**Assigned task:** As you look over the data below, please find each line where the word "refresh" appears, then copy it.

[Stored data entries]
────
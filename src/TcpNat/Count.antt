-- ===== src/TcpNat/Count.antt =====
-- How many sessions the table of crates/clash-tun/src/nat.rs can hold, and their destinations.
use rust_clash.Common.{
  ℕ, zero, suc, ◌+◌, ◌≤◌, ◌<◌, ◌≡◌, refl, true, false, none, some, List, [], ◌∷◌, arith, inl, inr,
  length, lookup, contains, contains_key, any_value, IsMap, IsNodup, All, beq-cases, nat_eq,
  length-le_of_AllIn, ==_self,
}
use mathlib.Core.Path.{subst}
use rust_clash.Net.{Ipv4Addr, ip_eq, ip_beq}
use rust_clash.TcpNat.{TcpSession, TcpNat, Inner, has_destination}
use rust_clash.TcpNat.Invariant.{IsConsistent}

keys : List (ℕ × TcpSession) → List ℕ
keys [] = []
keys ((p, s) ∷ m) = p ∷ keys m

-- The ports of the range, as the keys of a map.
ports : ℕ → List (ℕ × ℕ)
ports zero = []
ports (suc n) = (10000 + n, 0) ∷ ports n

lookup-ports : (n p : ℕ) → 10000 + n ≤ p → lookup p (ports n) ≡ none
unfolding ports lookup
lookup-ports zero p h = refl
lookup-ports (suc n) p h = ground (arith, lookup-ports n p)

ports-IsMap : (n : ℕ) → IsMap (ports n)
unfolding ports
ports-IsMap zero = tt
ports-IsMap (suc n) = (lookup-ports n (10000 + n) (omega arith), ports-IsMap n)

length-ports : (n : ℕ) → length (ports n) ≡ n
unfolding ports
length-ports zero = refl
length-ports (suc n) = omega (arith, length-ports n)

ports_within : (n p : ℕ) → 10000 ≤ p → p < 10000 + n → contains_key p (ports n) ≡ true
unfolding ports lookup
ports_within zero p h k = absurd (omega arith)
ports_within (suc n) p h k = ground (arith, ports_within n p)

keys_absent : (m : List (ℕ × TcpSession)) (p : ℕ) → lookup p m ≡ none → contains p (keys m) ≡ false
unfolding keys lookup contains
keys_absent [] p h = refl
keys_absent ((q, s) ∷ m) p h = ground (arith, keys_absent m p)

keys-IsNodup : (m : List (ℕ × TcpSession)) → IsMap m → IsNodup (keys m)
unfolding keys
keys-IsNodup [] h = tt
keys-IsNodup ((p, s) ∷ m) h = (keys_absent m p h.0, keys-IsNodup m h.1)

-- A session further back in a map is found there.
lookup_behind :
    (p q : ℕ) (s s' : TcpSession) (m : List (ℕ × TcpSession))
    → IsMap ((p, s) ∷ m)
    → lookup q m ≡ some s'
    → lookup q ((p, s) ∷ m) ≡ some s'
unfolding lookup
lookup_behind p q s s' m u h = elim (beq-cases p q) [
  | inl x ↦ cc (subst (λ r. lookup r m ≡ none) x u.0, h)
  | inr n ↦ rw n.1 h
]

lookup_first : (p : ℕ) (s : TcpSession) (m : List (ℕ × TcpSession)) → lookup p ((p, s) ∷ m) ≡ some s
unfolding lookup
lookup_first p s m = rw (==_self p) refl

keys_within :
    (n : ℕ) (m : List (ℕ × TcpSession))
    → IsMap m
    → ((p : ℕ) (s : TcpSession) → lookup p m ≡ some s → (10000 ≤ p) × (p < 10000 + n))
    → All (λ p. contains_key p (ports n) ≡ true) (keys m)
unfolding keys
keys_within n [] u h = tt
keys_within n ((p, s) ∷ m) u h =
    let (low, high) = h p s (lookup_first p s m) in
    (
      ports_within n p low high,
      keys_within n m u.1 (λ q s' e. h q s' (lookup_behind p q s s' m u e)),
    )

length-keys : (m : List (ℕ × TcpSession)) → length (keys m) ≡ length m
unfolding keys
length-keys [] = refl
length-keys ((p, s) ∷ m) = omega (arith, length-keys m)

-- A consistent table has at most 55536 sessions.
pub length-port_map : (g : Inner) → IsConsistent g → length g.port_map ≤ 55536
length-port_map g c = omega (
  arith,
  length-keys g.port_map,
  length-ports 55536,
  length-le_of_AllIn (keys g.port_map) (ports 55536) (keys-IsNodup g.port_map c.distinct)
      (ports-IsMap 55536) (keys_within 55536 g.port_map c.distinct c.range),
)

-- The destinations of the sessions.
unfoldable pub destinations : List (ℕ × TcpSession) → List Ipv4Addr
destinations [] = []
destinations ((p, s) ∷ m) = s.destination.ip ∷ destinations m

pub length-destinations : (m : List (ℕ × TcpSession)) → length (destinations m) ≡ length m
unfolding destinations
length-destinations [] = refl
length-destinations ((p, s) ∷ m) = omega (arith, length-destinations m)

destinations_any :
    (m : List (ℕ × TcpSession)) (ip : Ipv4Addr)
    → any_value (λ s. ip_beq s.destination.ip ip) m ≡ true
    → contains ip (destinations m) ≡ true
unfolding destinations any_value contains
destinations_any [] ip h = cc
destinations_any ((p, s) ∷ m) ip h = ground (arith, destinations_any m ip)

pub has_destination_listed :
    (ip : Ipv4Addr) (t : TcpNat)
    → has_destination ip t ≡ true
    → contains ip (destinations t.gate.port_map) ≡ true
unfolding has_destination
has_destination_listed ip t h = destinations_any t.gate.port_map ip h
────
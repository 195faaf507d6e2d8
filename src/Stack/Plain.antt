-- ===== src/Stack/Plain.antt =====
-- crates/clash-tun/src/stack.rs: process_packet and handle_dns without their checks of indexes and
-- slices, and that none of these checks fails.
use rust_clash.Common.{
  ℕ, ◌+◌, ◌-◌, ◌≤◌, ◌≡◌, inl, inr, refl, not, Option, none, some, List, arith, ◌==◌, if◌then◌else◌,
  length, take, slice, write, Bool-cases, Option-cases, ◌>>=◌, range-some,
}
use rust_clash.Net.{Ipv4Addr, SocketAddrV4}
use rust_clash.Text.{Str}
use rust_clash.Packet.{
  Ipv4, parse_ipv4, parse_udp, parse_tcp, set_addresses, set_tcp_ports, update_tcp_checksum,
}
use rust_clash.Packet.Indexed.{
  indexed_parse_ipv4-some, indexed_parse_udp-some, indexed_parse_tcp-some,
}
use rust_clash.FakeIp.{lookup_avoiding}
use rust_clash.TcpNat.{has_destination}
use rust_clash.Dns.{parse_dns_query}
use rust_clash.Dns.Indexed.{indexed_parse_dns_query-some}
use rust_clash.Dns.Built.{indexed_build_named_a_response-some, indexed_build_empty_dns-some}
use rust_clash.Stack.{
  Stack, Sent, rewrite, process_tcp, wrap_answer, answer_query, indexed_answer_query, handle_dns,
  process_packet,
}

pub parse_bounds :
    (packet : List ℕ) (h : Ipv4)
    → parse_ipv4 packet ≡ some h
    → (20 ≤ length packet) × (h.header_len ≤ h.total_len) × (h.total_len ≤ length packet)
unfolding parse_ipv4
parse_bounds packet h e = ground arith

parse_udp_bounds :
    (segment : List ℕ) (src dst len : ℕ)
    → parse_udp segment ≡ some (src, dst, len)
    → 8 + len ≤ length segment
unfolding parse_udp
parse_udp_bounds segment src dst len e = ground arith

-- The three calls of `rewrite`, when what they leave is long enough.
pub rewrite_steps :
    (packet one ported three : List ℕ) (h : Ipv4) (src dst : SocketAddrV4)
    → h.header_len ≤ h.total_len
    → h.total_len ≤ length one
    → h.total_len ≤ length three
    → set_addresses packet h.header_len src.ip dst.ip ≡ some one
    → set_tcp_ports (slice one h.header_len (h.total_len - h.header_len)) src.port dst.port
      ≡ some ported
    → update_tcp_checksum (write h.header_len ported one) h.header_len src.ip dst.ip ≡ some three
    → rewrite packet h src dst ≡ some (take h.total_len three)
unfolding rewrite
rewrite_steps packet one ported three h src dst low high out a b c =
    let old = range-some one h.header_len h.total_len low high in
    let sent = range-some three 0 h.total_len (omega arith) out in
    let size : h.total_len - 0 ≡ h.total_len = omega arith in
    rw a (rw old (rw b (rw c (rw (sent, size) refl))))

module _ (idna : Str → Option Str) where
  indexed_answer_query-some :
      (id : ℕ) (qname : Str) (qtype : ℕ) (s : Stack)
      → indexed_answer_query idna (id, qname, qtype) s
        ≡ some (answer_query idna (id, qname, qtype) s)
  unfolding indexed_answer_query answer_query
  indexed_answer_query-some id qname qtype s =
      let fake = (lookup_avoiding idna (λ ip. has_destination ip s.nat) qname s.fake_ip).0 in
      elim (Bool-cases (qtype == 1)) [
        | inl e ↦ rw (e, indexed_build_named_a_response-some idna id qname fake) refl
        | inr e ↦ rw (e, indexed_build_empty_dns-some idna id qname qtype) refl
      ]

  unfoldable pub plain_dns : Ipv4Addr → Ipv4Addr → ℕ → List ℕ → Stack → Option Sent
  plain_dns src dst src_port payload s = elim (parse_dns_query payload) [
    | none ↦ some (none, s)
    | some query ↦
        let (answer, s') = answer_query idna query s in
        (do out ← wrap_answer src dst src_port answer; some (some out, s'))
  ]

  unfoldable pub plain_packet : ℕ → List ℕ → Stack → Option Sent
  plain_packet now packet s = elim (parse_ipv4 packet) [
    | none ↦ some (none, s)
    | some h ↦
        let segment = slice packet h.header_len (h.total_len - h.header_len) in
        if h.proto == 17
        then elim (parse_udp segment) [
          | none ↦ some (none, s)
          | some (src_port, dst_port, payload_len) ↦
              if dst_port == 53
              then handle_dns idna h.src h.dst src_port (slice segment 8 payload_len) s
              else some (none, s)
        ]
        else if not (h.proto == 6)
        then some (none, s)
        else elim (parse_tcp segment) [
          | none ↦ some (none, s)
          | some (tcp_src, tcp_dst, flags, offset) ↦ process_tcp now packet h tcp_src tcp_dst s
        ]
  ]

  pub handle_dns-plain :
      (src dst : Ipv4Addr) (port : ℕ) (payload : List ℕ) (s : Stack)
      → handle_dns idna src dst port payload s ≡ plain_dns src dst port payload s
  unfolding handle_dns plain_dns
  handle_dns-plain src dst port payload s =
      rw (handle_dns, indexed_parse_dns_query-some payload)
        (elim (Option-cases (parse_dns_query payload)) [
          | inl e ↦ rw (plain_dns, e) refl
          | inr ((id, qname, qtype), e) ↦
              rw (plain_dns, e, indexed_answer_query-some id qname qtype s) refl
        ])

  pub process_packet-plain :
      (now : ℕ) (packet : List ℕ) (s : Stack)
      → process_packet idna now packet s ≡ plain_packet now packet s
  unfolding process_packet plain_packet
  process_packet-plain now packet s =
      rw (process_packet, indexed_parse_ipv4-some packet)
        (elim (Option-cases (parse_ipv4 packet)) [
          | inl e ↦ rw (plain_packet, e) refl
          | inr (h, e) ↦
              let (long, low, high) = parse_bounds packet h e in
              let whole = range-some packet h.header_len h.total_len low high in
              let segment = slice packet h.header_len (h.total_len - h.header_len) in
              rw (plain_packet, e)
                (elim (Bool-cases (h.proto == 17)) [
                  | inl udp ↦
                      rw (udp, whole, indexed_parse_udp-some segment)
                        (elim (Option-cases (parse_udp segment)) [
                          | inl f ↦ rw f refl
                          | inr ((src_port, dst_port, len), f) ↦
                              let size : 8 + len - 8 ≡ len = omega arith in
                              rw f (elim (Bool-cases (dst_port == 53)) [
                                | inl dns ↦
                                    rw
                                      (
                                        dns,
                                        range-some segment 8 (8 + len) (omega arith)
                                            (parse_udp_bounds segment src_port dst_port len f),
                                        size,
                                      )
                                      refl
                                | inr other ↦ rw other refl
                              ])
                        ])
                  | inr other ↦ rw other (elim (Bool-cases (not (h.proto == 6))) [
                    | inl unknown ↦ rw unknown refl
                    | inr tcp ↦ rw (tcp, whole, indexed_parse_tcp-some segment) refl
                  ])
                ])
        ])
────
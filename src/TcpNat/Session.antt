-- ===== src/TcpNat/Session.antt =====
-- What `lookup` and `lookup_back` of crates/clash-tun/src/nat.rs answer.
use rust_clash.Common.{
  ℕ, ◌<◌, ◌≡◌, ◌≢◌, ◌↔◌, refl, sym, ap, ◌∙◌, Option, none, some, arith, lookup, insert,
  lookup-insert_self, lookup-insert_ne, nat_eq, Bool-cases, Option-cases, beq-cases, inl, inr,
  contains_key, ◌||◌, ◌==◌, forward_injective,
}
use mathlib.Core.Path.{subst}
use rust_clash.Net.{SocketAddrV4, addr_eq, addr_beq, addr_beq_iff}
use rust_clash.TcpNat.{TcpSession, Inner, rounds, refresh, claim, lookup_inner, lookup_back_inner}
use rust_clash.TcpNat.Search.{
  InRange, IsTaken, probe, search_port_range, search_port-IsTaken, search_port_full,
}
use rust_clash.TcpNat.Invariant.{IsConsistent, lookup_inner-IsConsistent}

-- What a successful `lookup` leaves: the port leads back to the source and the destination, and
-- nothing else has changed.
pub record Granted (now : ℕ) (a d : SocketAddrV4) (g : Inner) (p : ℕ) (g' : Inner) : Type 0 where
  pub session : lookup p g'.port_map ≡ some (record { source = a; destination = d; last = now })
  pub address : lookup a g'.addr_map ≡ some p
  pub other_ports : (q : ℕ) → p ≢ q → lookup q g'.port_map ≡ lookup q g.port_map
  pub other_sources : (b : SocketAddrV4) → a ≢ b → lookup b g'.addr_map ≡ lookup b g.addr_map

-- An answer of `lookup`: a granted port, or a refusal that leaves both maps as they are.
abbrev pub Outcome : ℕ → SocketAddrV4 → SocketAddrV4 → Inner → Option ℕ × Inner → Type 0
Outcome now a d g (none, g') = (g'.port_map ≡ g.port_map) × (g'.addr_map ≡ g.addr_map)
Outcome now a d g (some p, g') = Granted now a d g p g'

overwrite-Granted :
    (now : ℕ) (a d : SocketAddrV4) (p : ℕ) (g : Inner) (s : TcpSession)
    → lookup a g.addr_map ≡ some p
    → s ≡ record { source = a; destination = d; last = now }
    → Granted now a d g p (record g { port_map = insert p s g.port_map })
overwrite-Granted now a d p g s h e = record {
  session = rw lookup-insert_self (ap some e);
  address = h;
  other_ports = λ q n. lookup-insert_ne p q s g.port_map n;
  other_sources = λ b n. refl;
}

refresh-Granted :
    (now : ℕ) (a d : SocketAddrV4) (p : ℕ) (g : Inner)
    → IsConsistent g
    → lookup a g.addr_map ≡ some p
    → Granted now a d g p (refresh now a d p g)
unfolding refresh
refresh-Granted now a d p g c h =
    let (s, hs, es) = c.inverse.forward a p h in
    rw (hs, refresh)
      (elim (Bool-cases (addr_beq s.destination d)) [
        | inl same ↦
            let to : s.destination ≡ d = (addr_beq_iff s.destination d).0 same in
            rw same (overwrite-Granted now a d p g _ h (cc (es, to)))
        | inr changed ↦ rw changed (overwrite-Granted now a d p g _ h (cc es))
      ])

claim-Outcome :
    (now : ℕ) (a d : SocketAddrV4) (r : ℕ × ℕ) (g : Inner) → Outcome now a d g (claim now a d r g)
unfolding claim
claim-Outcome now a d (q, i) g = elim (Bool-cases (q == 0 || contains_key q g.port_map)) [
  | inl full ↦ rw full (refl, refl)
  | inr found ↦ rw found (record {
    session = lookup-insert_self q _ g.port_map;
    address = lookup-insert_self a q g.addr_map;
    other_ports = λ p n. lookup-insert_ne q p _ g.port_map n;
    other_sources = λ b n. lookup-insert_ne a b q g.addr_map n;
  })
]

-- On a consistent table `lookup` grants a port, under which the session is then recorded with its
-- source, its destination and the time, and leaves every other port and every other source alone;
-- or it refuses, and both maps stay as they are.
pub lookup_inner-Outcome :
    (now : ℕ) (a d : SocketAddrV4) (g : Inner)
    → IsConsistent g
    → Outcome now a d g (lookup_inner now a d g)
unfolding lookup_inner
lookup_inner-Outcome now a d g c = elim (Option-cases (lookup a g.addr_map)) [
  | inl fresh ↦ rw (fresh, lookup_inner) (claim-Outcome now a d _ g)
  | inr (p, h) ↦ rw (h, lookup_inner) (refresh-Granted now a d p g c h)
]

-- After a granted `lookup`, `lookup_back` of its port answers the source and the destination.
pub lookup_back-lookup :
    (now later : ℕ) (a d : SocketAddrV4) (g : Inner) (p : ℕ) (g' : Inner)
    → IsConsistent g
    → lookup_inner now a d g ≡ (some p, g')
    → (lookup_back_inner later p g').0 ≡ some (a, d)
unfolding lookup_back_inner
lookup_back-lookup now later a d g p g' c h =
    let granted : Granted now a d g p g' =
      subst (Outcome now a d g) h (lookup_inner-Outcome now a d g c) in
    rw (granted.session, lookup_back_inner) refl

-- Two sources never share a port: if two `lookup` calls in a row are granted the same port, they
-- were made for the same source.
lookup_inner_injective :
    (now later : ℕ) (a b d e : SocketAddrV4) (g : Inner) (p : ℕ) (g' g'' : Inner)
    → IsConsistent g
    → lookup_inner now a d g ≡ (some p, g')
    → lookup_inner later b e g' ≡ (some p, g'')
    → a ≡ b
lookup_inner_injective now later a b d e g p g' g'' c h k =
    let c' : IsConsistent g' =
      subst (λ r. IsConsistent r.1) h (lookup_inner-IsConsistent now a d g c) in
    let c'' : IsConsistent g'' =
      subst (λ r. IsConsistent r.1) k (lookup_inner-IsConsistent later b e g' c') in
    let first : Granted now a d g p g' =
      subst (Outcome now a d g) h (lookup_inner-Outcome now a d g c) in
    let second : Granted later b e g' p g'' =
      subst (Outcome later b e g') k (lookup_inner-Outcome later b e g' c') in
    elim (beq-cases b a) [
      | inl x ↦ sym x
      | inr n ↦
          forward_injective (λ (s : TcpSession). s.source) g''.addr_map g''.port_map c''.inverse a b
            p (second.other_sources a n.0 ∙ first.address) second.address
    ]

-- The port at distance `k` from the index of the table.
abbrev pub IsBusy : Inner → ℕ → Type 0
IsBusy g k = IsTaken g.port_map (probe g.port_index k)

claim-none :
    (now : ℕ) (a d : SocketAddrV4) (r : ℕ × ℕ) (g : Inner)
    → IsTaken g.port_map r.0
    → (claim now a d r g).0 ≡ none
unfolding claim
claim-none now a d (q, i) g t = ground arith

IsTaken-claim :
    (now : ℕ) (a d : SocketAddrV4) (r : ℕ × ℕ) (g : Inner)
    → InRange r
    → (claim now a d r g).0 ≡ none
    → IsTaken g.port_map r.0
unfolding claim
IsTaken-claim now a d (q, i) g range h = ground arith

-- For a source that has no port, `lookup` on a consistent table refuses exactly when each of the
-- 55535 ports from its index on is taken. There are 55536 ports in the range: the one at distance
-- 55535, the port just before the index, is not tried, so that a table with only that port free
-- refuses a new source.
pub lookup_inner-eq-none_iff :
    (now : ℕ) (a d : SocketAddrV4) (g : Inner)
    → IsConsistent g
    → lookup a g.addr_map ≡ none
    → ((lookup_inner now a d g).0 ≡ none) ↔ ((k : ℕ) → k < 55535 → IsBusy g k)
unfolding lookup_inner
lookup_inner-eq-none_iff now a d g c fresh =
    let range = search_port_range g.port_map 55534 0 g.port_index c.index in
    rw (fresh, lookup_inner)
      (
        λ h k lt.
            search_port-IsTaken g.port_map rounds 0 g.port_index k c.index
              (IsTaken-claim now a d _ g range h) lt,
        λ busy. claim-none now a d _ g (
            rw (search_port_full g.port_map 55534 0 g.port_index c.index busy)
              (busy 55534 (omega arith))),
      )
────
**Reply:**
use rust_clash.TcpNat.{TcpSession, Inner, rounds, refresh, claim, lookup_inner, lookup_back_inner}
refresh-Granted :
    → Granted now a d g p (refresh now a d p g)
unfolding refresh
refresh-Granted now a d p g c h =
    rw (hs, refresh)
  | inr (p, h) ↦ rw (h, lookup_inner) (refresh-Granted now a d p g c h)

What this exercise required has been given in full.